Выбрать главу

Но эти странствия и страдания мессианского ребенка только тогда обретают свое истинное содержание и становятся не просто игрой воображения, если не забывать, что судьбы ребенка сами по себе представляют те провидения, которые дали общине признание язычников и защитили ее от страданий и преследований. Так и здесь. Ирод остается представителем мирской власти, благодаря которой община вынуждена основывать и расширять свое царство в тишине и скрытом уединении. Эта общая идея станет более определенной во второй раз, когда давление мирской власти возобновится; и когда церковь будет изгнана из места и центра мирской славы, противоположная точка, в которую она бежит, также будет иметь важное значение. Младенца, олицетворяющего Церковь, ведут из Иудеи в Назарет, и его судьба — быть отведенным в скромный уголок малопочтенной провинции — теперь является образом судьбы Церкви, которая, презираемая мирской славой, собирает своих последователей среди ничтожных и нечестивых людей.
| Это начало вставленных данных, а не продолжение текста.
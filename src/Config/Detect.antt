-- ===== src/Config/Detect.antt =====
-- internal/config/detect.go. The environment, `runtime.GOOS` and `filepath.Base` are parameters.
use aliasdeck.Prelude.{
  ◌≡◌, refl, sym, inl, inr, true, false, not, ◌++◌, is_empty, Bool-cases, if◌then◌else◌, arith,
}
use aliasdeck.Prelude.{Result, ok, err}
use aliasdeck.Text.{Bytes, codes, same, trim_prefix}
use aliasdeck.Domain.Shell.{
  Platform, Shell, platform_macos, platform_linux, platform_windows, shell_valid, parse_platform,
  parse_shell, default_shell_for,
}

pub record PlatformDetection : Type 0 where
  pub platform : Platform
  pub provenance : Bytes

pub record ShellDetection : Type 0 where
  pub shell : Shell
  pub provenance : Bytes

unfoldable pub parse_platform_detection : Bytes → Bytes → Result Bytes PlatformDetection
unfolding parse_platform
parse_platform_detection value provenance = elim (parse_platform value) [
  | err e ↦ err e
  | ok p ↦ ok (record { platform = p; provenance = provenance })
]

-- The switch on `goos`.
unfoldable pub goos_platform : Bytes → Result Bytes PlatformDetection
goos_platform goos =
    if same goos (codes "darwin")
    then ok (record { platform = platform_macos; provenance = codes "runtime.GOOS" })
    else if same goos (codes "linux")
    then ok (record { platform = platform_linux; provenance = codes "runtime.GOOS" })
    else if same goos (codes "windows")
    then ok (record { platform = platform_windows; provenance = codes "runtime.GOOS" })
    else err goos

-- `DetectPlatform`
unfoldable pub detect_platform : Bytes → (Bytes → Bytes) → Bytes → Result Bytes PlatformDetection
unfolding parse_platform_detection goos_platform
detect_platform config_override getenv goos =
    if not (is_empty config_override)
    then parse_platform_detection config_override (codes "config.yaml device.platform")
    else if not (is_empty (getenv (codes "ALIASDECK_PLATFORM")))
    then parse_platform_detection (getenv (codes "ALIASDECK_PLATFORM"))
        (codes "$ALIASDECK_PLATFORM")
    else goos_platform goos

-- `parseShellDetection`
unfoldable pub parse_shell_detection : Bytes → Bytes → Result Bytes ShellDetection
unfolding parse_shell
parse_shell_detection value provenance = elim (parse_shell value) [
  | err e ↦ err e
  | ok sh ↦ ok (record { shell = sh; provenance = provenance })
]

-- `shellBasename`
unfoldable pub shell_basename : (Bytes → Bytes) → Bytes → Bytes
unfolding trim_prefix
shell_basename base shell_path = trim_prefix (base shell_path) (codes "-")

-- `DetectShell`
unfoldable pub detect_shell :
    (Bytes → Bytes) → Bytes → Bytes → (Bytes → Bytes) → Platform → Result Bytes ShellDetection
unfolding parse_shell_detection shell_basename default_shell_for
detect_shell base flag_override config_override getenv platform =
    if not (is_empty flag_override)
    then parse_shell_detection flag_override (codes "--shell flag")
    else if not (is_empty config_override)
    then parse_shell_detection config_override (codes "config.yaml device.shell")
    else if not (is_empty (getenv (codes "ALIASDECK_SHELL")))
    then parse_shell_detection (getenv (codes "ALIASDECK_SHELL")) (codes "$ALIASDECK_SHELL")
    else if not (is_empty (getenv (codes "SHELL")))
    then parse_shell_detection (shell_basename base (getenv (codes "SHELL"))) (codes "$SHELL")
    else ok (record {
      shell = default_shell_for platform;
      provenance = codes "default for platform " ++ platform;
    })

parse_shell_detection-valid :
    (value provenance : Bytes) (d : ShellDetection)
    → parse_shell_detection value provenance ≡ ok d
    → shell_valid d.shell ≡ true
unfolding parse_shell_detection parse_shell
parse_shell_detection-valid value provenance d h = elim (Bool-cases (shell_valid value)) [
  | inl e ↦ let it : value ≡ d.shell = ground (arith, e, h) in rw (sym it) e
  | inr e ↦ ground (arith, e, h)
]

default_shell_for-valid : (platform : Platform) → shell_valid (default_shell_for platform) ≡ true
unfolding default_shell_for shell_valid same
default_shell_for-valid platform = elim (Bool-cases (same platform platform_macos)) [
  | inl e ↦ rw e refl
  | inr e ↦ elim (Bool-cases (same platform platform_windows)) [
    | inl f ↦ rw (e, f) refl
    | inr f ↦ rw (e, f) refl
  ]
]

parse_shell_detection-is :
    (value provenance : Bytes) (d : ShellDetection)
    → parse_shell_detection value provenance ≡ ok d
    → d.shell ≡ value
unfolding parse_shell_detection parse_shell
parse_shell_detection-is value provenance d h = elim (Bool-cases (shell_valid value)) [
  | inl e ↦ ground (arith, e, h)
  | inr e ↦ ground (arith, e, h)
]

-- `DetectShell` never returns a shell that is not one of the three, and where the flag is set, or else the
-- configuration, it returns that one.
pub detect_shell-valid :
    (base : Bytes → Bytes) (flag_override config_override : Bytes) (getenv : Bytes → Bytes)
    (platform : Platform) (d : ShellDetection)
    → detect_shell base flag_override config_override getenv platform ≡ ok d
    → (shell_valid d.shell ≡ true)
      × (is_empty flag_override ≡ false → d.shell ≡ flag_override)
      × (is_empty flag_override ≡ true
          → is_empty config_override ≡ false
          → d.shell ≡ config_override)
unfolding detect_shell
detect_shell-valid base flag_override config_override getenv platform d h =
    elim (Bool-cases (is_empty flag_override)) [
      | inr e ↦
          let k : parse_shell_detection flag_override (codes "--shell flag") ≡ ok d =
            ground (arith, e, h) in
          (
            parse_shell_detection-valid flag_override (codes "--shell flag") d k,
            λ x. parse_shell_detection-is flag_override (codes "--shell flag") d k,
            λ x y. ground (arith, e, x),
          )
      | inl e ↦ elim (Bool-cases (is_empty config_override)) [
        | inr f ↦
            let k : parse_shell_detection config_override (codes "config.yaml device.shell")
                ≡ ok d =
              ground (arith, e, f, h) in
            (
              parse_shell_detection-valid config_override (codes "config.yaml device.shell") d k,
              λ x. ground (arith, e, x),
              λ x y.
                  parse_shell_detection-is config_override (codes "config.yaml device.shell") d k,
            )
        | inl f ↦ (environment e f, λ x. ground (arith, e, x), λ x y. ground (arith, f, y))
      ]
    ]
  where
    environment :
        is_empty flag_override ≡ true → is_empty config_override ≡ true → shell_valid d.shell ≡ true
    environment e f = elim (Bool-cases (is_empty (getenv (codes "ALIASDECK_SHELL")))) [
      | inr g ↦
          parse_shell_detection-valid (getenv (codes "ALIASDECK_SHELL")) (codes "$ALIASDECK_SHELL")
            d (ground (arith, e, f, g, h))
      | inl g ↦ elim (Bool-cases (is_empty (getenv (codes "SHELL")))) [
        | inr k ↦
            parse_shell_detection-valid (shell_basename base (getenv (codes "SHELL")))
              (codes "$SHELL") d (ground (arith, e, f, g, k, h))
        | inl k ↦
            let it : default_shell_for platform ≡ d.shell = ground (arith, e, f, g, k, h) in
            rw (sym it) (default_shell_for-valid platform)
      ]
    ]
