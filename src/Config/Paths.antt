-- ===== src/Config/Paths.antt =====
-- internal/config/paths.go. The environment, the home directory and path/filepath are parameters.
use aliasdeck.Prelude.{Bool, ◌||◌, not, [], Option, none, some, is_empty, if◌then◌else◌, is_some}
use aliasdeck.Text.{Bytes, codes, same, cut_prefix, contains, replace_all}

-- `Env`, with `filepath.Join` and `filepath.FromSlash`; `none` is an unknown home.
pub record Env : Type 0 where
  pub getenv : Bytes → Bytes
  pub home_dir : Option Bytes
  pub join : Bytes → Bytes → Bytes
  pub from_slash : Bytes → Bytes

-- `tildePrefixRest`
unfoldable pub tilde_prefix_rest : Bytes → Option Bytes
unfolding cut_prefix
tilde_prefix_rest path = elim (cut_prefix (codes "~/") path) [
  | some rest ↦ some rest
  | none ↦ cut_prefix (codes "~\\") path
]

-- `ExpandPath` with the home at hand.
unfoldable pub expand_home : Env → Bytes → Bytes → Bytes
unfolding tilde_prefix_rest replace_all
expand_home env home path = if same path (codes "~") then home else elim (tilde_prefix_rest path) [
  | some rest ↦
      replace_all (env.join home (env.from_slash (replace_all rest (codes "\\") (codes "/"))))
        (codes "$HOME") home
  | none ↦ replace_all path (codes "$HOME") home
]

unfoldable pub needs_home : Bytes → Bool
unfolding tilde_prefix_rest contains
needs_home path =
    same path (codes "~") || is_some (tilde_prefix_rest path) || contains path (codes "$HOME")

-- `ExpandPath`: `none` is its error.
unfoldable pub expand_path : Env → Bytes → Option Bytes
unfolding expand_home needs_home
expand_path env path =
    if is_empty path
    then some []
    else if not (needs_home path)
    then some path
    else elim env.home_dir [ none ↦ none | some home ↦ some (expand_home env home path) ]

-- `Base`
unfoldable pub base_dir : Env → Option Bytes
unfolding expand_path
base_dir env =
    if not (is_empty (env.getenv (codes "ALIASDECK_HOME")))
    then expand_path env (env.getenv (codes "ALIASDECK_HOME"))
    else if not (is_empty (env.getenv (codes "XDG_CONFIG_HOME")))
    then elim (expand_path env (env.getenv (codes "XDG_CONFIG_HOME"))) [
      | none ↦ none
      | some expanded ↦ some (env.join expanded (codes "aliasdeck"))
    ]
    else elim env.home_dir [
      | none ↦ none
      | some home ↦ some (env.join (env.join home (codes ".config")) (codes "aliasdeck"))
    ]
Еще! Назарет, Галилея, «круг язычников», как ее называли иудеи, и Иудея теперь стоят друг против друга. Враждебная сила, угрожающая Младенцу, а в нем — Церкви, и изгоняющая ее, — это уже не только мирская власть, но теперь она выступает как старое иудейское существо, которое боится своего падения и, чтобы спастись, изгоняет новый принцип из своего дома и заставляет его обитать в языческом мире. -

Можно подумать, что апологету больше не придет в голову вписывать евангельские предыстории Луки и Матфея во внешний контекст, когда ему было показано, как они появились на свет. Их истинная связь основана исключительно на том, что зародыши позднейшего уже содержались в первом и развились в форму позднейшего воззрения благодаря его внутренней силе, которая, конечно, также должна была быть вызвана более богатым опытом.

Если бы случайно возникла и другая связь, что оба рассказа с их индивидуальными датами соединились, то это было бы только случайностью и не имело бы для нас никакого значения, так как оба круга восприятия каждый сам по себе образуют особый мир, и более поздний, даже если он взял центр своей идеи у более раннего, дает своему движению направление, не учитывающее вращения первого круга. В этом случае, однако, внешняя связь даже случайно невозможна: скорее, должны возникнуть самые необыкновенные различия, которые, конечно, будут волновать или даже занимать нас так же мало, как механическая гармония, если бы она была возможна, имела бы для нас значение.

Тем не менее, вряд ли можно питать пылкую надежду на то, что апологет воздержится от приведения в гармонию двух предысторий, ведь для него они были и остаются реальной историей. Они должны оставаться для него таковыми, потому что он будет разочарован, если увидит в них уже не просто отдельные, сами по себе случайные явления, а продуманное творение религиозного духа. Поэтому мы хотим оказать ему последнюю услугу и освободить его от бремени гармонической работы, показав ему, как возникли внешние противоречия двух предыдущих историй.

У Луки Иосиф и Мария возвращаются в Назарет с ребенком через сорок дней после его рождения, сразу после того, как они выполнили все, что предписывал закон для роженицы. Минуточку! Он не только не знает о переходе через Египет, что само по себе должно было занять много времени, и о более длительном пребывании ребенка в этой стране до смерти героя, но и исключает эту задержку. В таком случае он был бы настолько исключающим, если бы захотел с гармоничным упрямством впихнуть в свой рассказ круг истории, который был сформирован только его преемником. Почему же, однако, Матфей не повернул назад к барьеру, который Лука своим хронологическим примечанием о возвращении Святого Семейства в Назарет фактически поставил перед позднейшим историком? Потому что он, как и его предшественник, не окружал рождение Иисуса со всех сторон множеством чудесных событий и, следовательно, не мог так рано завершить предысторию; потому что одно упоминаемое им событие — приход волхвов — послужило поводом для целого ряда столкновений, далеко идущее развитие которых должно было быть ограничено этим барьером; наконец, потому что в это время творческого созерцания хронологическая нота еще не была столь хрупкой, какой она стала для трезвого апологета. Но давайте говорить осторожнее! Апологет лишь иногда, или по мере интереса, остается жестко привязанным к одной ноте. В этот раз он заинтересован в том, чтобы добавить к повествованию Луки тот избыток, который он находит у Матфея. Но если он теперь вдруг выходит за пределы или отодвигает пределы этого хронологического примечания, то почему это не может быть возможно или допустимо для Матфея, ведь его взгляд еще недавно был обусловлен первой силой интереса, развитие которого требовало большей свободы?